Cloud services, particularly Amazon Web Services (AWS), form an indispensable foundation for modern digital society. However, their massive and complex systems can sometimes fail in ways beyond our imagination, causing severe impacts on business and societal activities.
On October 20, 2025, AWS was again hit by a large-scale outage, causing many services to be down for an extended period. This incident once again highlighted the challenge of how to address the risks in a modern society where dependence on the cloud is deepening.
This article, keeping this recent outage in mind, looks back at past AWS Tokyo Region outages that had particularly significant impact and delves deeply into the lessons learned. It goes beyond a simple summary of incident reports to examine what these experiences question about system design and risk management in the cloud era.

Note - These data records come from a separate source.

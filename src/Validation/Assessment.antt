-- ===== src/Validation/Assessment.antt =====
-- server/src/services/validation: the engine over the program's own rules.
use cargo_execution_assistan.Prelude.{ℕ, ◌≡◌, ◌<◌, refl, ◌↔◌, some, ok, All}
use cargo_execution_assistan.Text.{Text, Platform}
use cargo_execution_assistan.Validation.Entry.{CanonicalEntryRecord}
use cargo_execution_assistan.Validation.Calendar.Format.{IsRealDate}
use cargo_execution_assistan.Validation.Rule.{ValidationEvaluation, pass, rule_set_version}
use cargo_execution_assistan.Validation.Rules.{rules}
use cargo_execution_assistan.Validation.Engine.{started, evaluate_from, evaluate, outcome_of}
use cargo_execution_assistan.Validation.Engine.Exact.{IsExact, finding_ids, evaluate-IsExact}
use cargo_execution_assistan.Validation.Engine.Clean.{IsClean, evaluate-pass_iff}
use cargo_execution_assistan.Validation.Totality.{
  returned, evaluate_from-total, rules-IsOrdered, rules-IsTotal,
}

-- At a receipt time with a real UTC date the program's rules never throw: the evaluation of any
-- entry returns. It reports a rule exactly when it concerns the entry, is not satisfied and
-- requires no reported rule; and its outcome is PASS exactly when every rule that concerns the entry
-- is satisfied.
pub evaluate-rules :
    (p : Platform) (r : CanonicalEntryRecord) (received_at : Text) (y m d : ℕ)
    → p.utc_date received_at ≡ some (y, m, d)
    → y < 10000
    → IsRealDate y m d
    → (e : ValidationEvaluation) × (evaluate r received_at (rules p) ≡ ok e)
      × All (IsExact r received_at (finding_ids e.findings)) (rules p)
      × ((e.outcome ≡ pass) ↔ IsClean r received_at (rules p))
unfolding evaluate
evaluate-rules p r received_at y m d h b real =
    let (q, found) = returned (evaluate_from r received_at (rules p) started) (
      evaluate_from-total r received_at (rules p) started
        (rules-IsTotal p received_at y m d r h b real)) in
    let e : ValidationEvaluation = record {
      outcome = outcome_of q.findings;
      rule_set_version = rule_set_version;
      rules_evaluated_count = q.rules_evaluated_count;
      findings = q.findings;
    } in
    let done : evaluate r received_at (rules p) ≡ ok e = rw (found, evaluate) refl in
    (
      e,
      done,
      evaluate-IsExact r received_at (rules p) e (rules-IsOrdered p) done,
      evaluate-pass_iff r received_at (rules p) e (rules-IsOrdered p) done,
    )
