-- ===== src/Keth/Receive/Conserve.antt =====
-- Reception and the interrupt handlers of keth-if/kernel/core.c keep the invariant of the devices
-- and lose no packet buffer.
use hack.Base.{ℕ, zero, suc, ◌+◌, Bool, Option, none, some, arith, Bool-cases, inl, inr}
use hack.Keth.Model.{Dev, PacketBuf, Net, at, Kernel, Ends, Ends-bind, Ends-mono}
use hack.Keth.Pool.{release_buffer, dequeue_buf, is_empty}
use hack.Keth.Pool.Sound.{IsSound, Conserves, release_buffer-Conserves, dequeue_buf-Conserves}
use hack.Keth.Receive.{poll_handed, receive, poll_packet, poll_loop, finish_poll, poll}

-- the common case: no packet is handed over, and none is handed back
abbrev pub Keeps : Kernel → Net → Net → Type 0
Keeps k s s' = IsSound k s' × Conserves s s' none none

pub Conserves-trans :
    (s s' s'' : Net) (i m o : Option PacketBuf)
    → Conserves s s' i m
    → Conserves s' s'' m o
    → Conserves s s'' i o
Conserves-trans s s' s'' i m o c c' = omega arith

Conserves-after :
    (s s' s'' : Net) (i o : Option PacketBuf)
    → Conserves s s' none none
    → Conserves s' s'' i o
    → Conserves s s'' i o
Conserves-after s s' s'' i o c c' = omega arith

Conserves-none : (s : Net) → Conserves s s none none
Conserves-none s = omega arith

module _ (k : Kernel) where
  receive-Conserves :
      (s : Net) (d : Dev) (ok : Bool) (pkt : PacketBuf)
      → IsSound k s
      → IsSound k (receive s d ok pkt) × Conserves s (receive s d ok pkt) none none
  unfolding receive
  receive-Conserves s d ok pkt v = ground arith

  poll_handed-Keeps :
      (ok : Bool) (d : Dev) (pkt : Option PacketBuf) (s : Net)
      → IsSound k s
      → Ends (λ s'. IsSound k s' × Conserves s s' pkt none) (poll_handed k ok d pkt s)
  unfolding poll_handed
  poll_handed-Keeps ok d none s v = (v, Conserves-none s)
  poll_handed-Keeps ok d (some pkt) s v =
      let (v1, c1) = receive-Conserves s d ok pkt v in
      Ends-mono _ (λ s'. IsSound k s' × Conserves s s' (some pkt) none)
        (release_buffer k (receive s d ok pkt) pkt)
        (release_buffer-Conserves k (receive s d ok pkt) pkt v1)
        λ s' (v2, c2). (v2, Conserves-after s (receive s d ok pkt) s' (some pkt) none c1 c2)

  pub poll_packet-Keeps :
      (ok : Bool) (s : Net) (d : Dev) → IsSound k s → Ends (Keeps k s) (poll_packet k ok s d)
  unfolding poll_packet
  poll_packet-Keeps ok s d v =
      Ends-bind (λ r. IsSound k r.1 × Conserves s r.1 none r.0) (Keeps k s) (dequeue_buf s d) _
        (dequeue_buf-Conserves k s d v)
        λ (pkt, s1) (v1, c1).
          Ends-mono _ (Keeps k s) (poll_handed k ok d pkt s1) (poll_handed-Keeps ok d pkt s1 v1)
            λ s2 (v2, c2). (v2, Conserves-trans s s1 s2 none pkt none c1 c2)

  pub poll_loop-Keeps :
      (n npackets : ℕ) (ok : ℕ → Bool) (s : Net) (d : Dev)
      → IsSound k s
      → Ends (λ r. Keeps k s r.1) (poll_loop k n npackets ok s d)
  unfolding poll_loop
  poll_loop-Keeps zero npackets ok s d v = (v, Conserves-none s)
  poll_loop-Keeps (suc n) npackets ok s d v = elim (Bool-cases (is_empty (at s d).rx_queue)) [
    | inl stop ↦ rw stop (v, Conserves-none s)
    | inr more ↦ rw more (
        Ends-bind (Keeps k s) (λ r. Keeps k s r.1) (poll_packet k (ok npackets) s d) _
          (poll_packet-Keeps (ok npackets) s d v)
          λ s1 (v1, c1).
            Ends-mono _ (λ r. Keeps k s r.1) (poll_loop k n (npackets + 1) ok s1 d)
              (poll_loop-Keeps n (npackets + 1) ok s1 d v1)
              λ r (v2, c2). (v2, Conserves-trans s s1 r.1 none none none c1 c2))
  ]

  finish_poll-Keeps :
      (budget : ℕ) (complete : Bool) (d : Dev) (n : ℕ) (s : Net)
      → IsSound k s
      → Ends (λ r. Keeps k s r.1) (finish_poll budget complete d (n, s))
  unfolding finish_poll
  finish_poll-Keeps budget complete d n s v = ground arith

  -- From sound devices a poll always ends; it leaves them sound, and every packet buffer is still in
  -- the pool of its device or on a receive list.
  pub poll-Keeps :
      (budget : ℕ) (ok : ℕ → Bool) (complete : Bool) (s : Net) (d : Dev)
      → IsSound k s
      → Ends (λ r. Keeps k s r.1) (poll k budget ok complete s d)
  unfolding poll
  poll-Keeps budget ok complete s d v =
      Ends-bind (λ r. Keeps k s r.1) (λ r. Keeps k s r.1) (poll_loop k budget 0 ok s d) _
        (poll_loop-Keeps budget 0 ok s d v)
        λ r (v1, c1).
          Ends-mono _ (λ r'. Keeps k s r'.1) (finish_poll budget complete d r)
            (finish_poll-Keeps budget complete d r.0 r.1 v1)
            λ r' (v2, c2). (v2, Conserves-trans s r.1 r'.1 none none none c1 c2)
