-- ===== src/Keth/Receive/Handlers.antt =====
-- The interrupt handlers of keth-if/kernel/core.c keep the invariant of the devices and lose no packet
-- buffer.
use hack.Base.{◌+◌, ◌≡◌, Bool, true, false, Option, none, some, arith}
use hack.Keth.Model.{
  Dev, eth0, eth1, PacketBuf, Net, at, put, Kernel, done, Ends, Ends-mono, spin_lock, spin_unlock,
}
use hack.Keth.Pool.Sound.{IsSound, Conserves, owned, inhand, release_buffer-Conserves}
use hack.Keth.Receive.{
  regular_rx, regular_tx, release_if, clear_status, regular_interrupt, napi_rx, napi_tx,
  napi_interrupt, interrupt,
}
use hack.Keth.Receive.Conserve.{Keeps, Conserves-trans}

-- What the steps of a handler, under its lock, leave alone, and the packet `o` that they unlink.
record Inside (s t : Net) (o : Option PacketBuf) : Type 0 where
  pool0 : t.dev0.ppool ≡ s.dev0.ppool
  pool1 : t.dev1.ppool ≡ s.dev1.ppool
  queue0 : t.dev0.queue ≡ s.dev0.queue
  queue1 : t.dev1.queue ≡ s.dev1.queue
  locked0 : t.dev0.locked ≡ s.dev0.locked
  locked1 : t.dev1.locked ≡ s.dev1.locked
  packets0 : owned eth0 t + inhand eth0 o ≡ owned eth0 s
  packets1 : owned eth1 t + inhand eth1 o ≡ owned eth1 s

Inside-then : (s t u : Net) (o : Option PacketBuf) → Inside s t none → Inside t u o → Inside s u o
Inside-then s t u o i j = ground arith

Inside-last : (s t u : Net) (o : Option PacketBuf) → Inside s t o → Inside t u none → Inside s u o
Inside-last s t u o i j = ground arith

abbrev lock : Net → Dev → Net
lock s d = put s d (record (at s d) { locked = true })

module _ (k : Kernel) where
  spin_lock-done : (s : Net) (d : Dev) → IsSound k s → spin_lock s d ≡ done (lock s d)
  unfolding spin_lock
  spin_lock-done s d v = ground arith

  unlock_lem :
      (s t : Net) (d : Dev) (o : Option PacketBuf)
      → IsSound k s
      → Inside (lock s d) t o
      → IsSound k (spin_unlock t d) × Conserves s (spin_unlock t d) none o
  unfolding spin_unlock
  unlock_lem s t d o v i = ground arith

clear_status-Inside : (s : Net) (d : Dev) → Inside s (clear_status s d) none
clear_status-Inside s d = ground arith

napi_rx-Inside : (intr : Bool) (s : Net) (d : Dev) → Inside s (napi_rx intr s d) none
unfolding napi_rx
napi_rx-Inside intr s d = ground arith

napi_tx-Inside : (intr : Bool) (s : Net) (d : Dev) → Inside s (napi_tx intr s d) none
unfolding napi_tx
napi_tx-Inside intr s d = ground arith

regular_tx-Inside : (intr : Bool) (s : Net) (d : Dev) → Inside s (regular_tx intr s d) none
unfolding regular_tx
regular_tx-Inside intr s d = ground arith

regular_rx-Inside :
    (ok intr : Bool) (s : Net) (d : Dev) → let r = regular_rx ok intr s d in Inside s r.1 r.0
unfolding regular_rx
regular_rx-Inside ok intr s d = ground arith

module _ (k : Kernel) where
  release_if-Conserves :
      (s : Net) (pkt : Option PacketBuf)
      → IsSound k s
      → Ends (λ s'. IsSound k s' × Conserves s s' pkt none) (release_if k s pkt)
  release_if-Conserves s none v = (v, omega arith)
  release_if-Conserves s (some pkt) v = release_buffer-Conserves k s pkt v

  regular_interrupt-Keeps :
      (ok : Bool) (s : Net) (d : Dev) → IsSound k s → Ends (Keeps k s) (regular_interrupt k ok s d)
  unfolding regular_interrupt
  regular_interrupt-Keeps ok s d v =
      let s1 = lock s d in
      let t = clear_status s1 d in
      let r = regular_rx ok (at s1 d).status.rx_intr t d in
      let u = regular_tx (at s1 d).status.tx_intr r.1 d in
      let inside =
        Inside-last s1 r.1 u r.0
          (Inside-then s1 t r.1 r.0 (clear_status-Inside s1 d)
            (regular_rx-Inside ok (at s1 d).status.rx_intr t d))
          (regular_tx-Inside (at s1 d).status.tx_intr r.1 d) in
      let (v1, c1) = unlock_lem k s u d r.0 v inside in
      rw (spin_lock-done k s d v) (
        Ends-mono _ (Keeps k s) (release_if k (spin_unlock u d) r.0)
          (release_if-Conserves (spin_unlock u d) r.0 v1)
          λ s' (v2, c2). (v2, Conserves-trans s (spin_unlock u d) s' none r.0 none c1 c2))

  napi_interrupt-Keeps : (s : Net) (d : Dev) → IsSound k s → Ends (Keeps k s) (napi_interrupt s d)
  unfolding napi_interrupt
  napi_interrupt-Keeps s d v =
      let s1 = lock s d in
      let t = clear_status s1 d in
      let r = napi_rx (at s1 d).status.rx_intr t d in
      let u = napi_tx (at s1 d).status.tx_intr r d in
      let inside =
        Inside-last s1 r u none
          (Inside-then s1 t r none (clear_status-Inside s1 d)
            (napi_rx-Inside (at s1 d).status.rx_intr t d))
          (napi_tx-Inside (at s1 d).status.tx_intr r d) in
      rw (spin_lock-done k s d v) (unlock_lem k s u d none v inside)

  -- From sound devices either interrupt handler ends; it leaves them sound, and loses no packet.
  pub interrupt-Keeps :
      (use_napi ok : Bool) (s : Net) (d : Dev)
      → IsSound k s
      → Ends (Keeps k s) (interrupt k use_napi ok s d)
  unfolding interrupt
  interrupt-Keeps true ok s d v = napi_interrupt-Keeps s d v
  interrupt-Keeps false ok s d v = regular_interrupt-Keeps ok s d v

August 2019 AWS Tokyo Region Major Outage: The Day a Cooling Bug Broke Multi-AZ
The large-scale outage that occurred in the AWS Tokyo Region (ap-northeast-1) on August 23, 2019, confronted many developers and infrastructure engineers with the harsh reality that “Multi-AZ configurations are not infallible.”
Event and Cause
On the afternoon of August 23, 2019, numerous EC2 servers and their associated EBS volumes became unavailable within one Availability Zone (AZ) of the Tokyo Region.
According to AWS’s official announcement, the cause was a bug in the data center’s cooling control system. This bug reduced cooling capacity, causing server clusters to automatically shut down to prevent overheating. This was a physical equipment issue confined to a single AZ.
Impact: From Digital to Physical
This outage affected a wide range of services, from social games to enterprise core systems. Notably, its impact extended beyond the digital realm.
Impact on the Physical World: The Docomo Bike Share Case
A symbolic example was the suspension of Docomo Bike Share services. The shutdown of the authentication and management system running on AWS triggered the following chain reaction:
- Authentication and Control System Failure: The system managing bike rentals and returns became inoperable.
- Impeded Physical Movement: Even when users attempted to unlock bikes via the app, the system’s “unlock command” failed to reach the bikes’ smart locks.
- Paralysis of Social Infrastructure: Consequently, many users could neither rent bikes nor return bikes they were using, resulting in the physical impact of being cut off from their means of transportation.
This incident demonstrates how critical the cloud is as a lifeline for services that integrate with the physical world—such as smart locks, IoT devices, and mobility.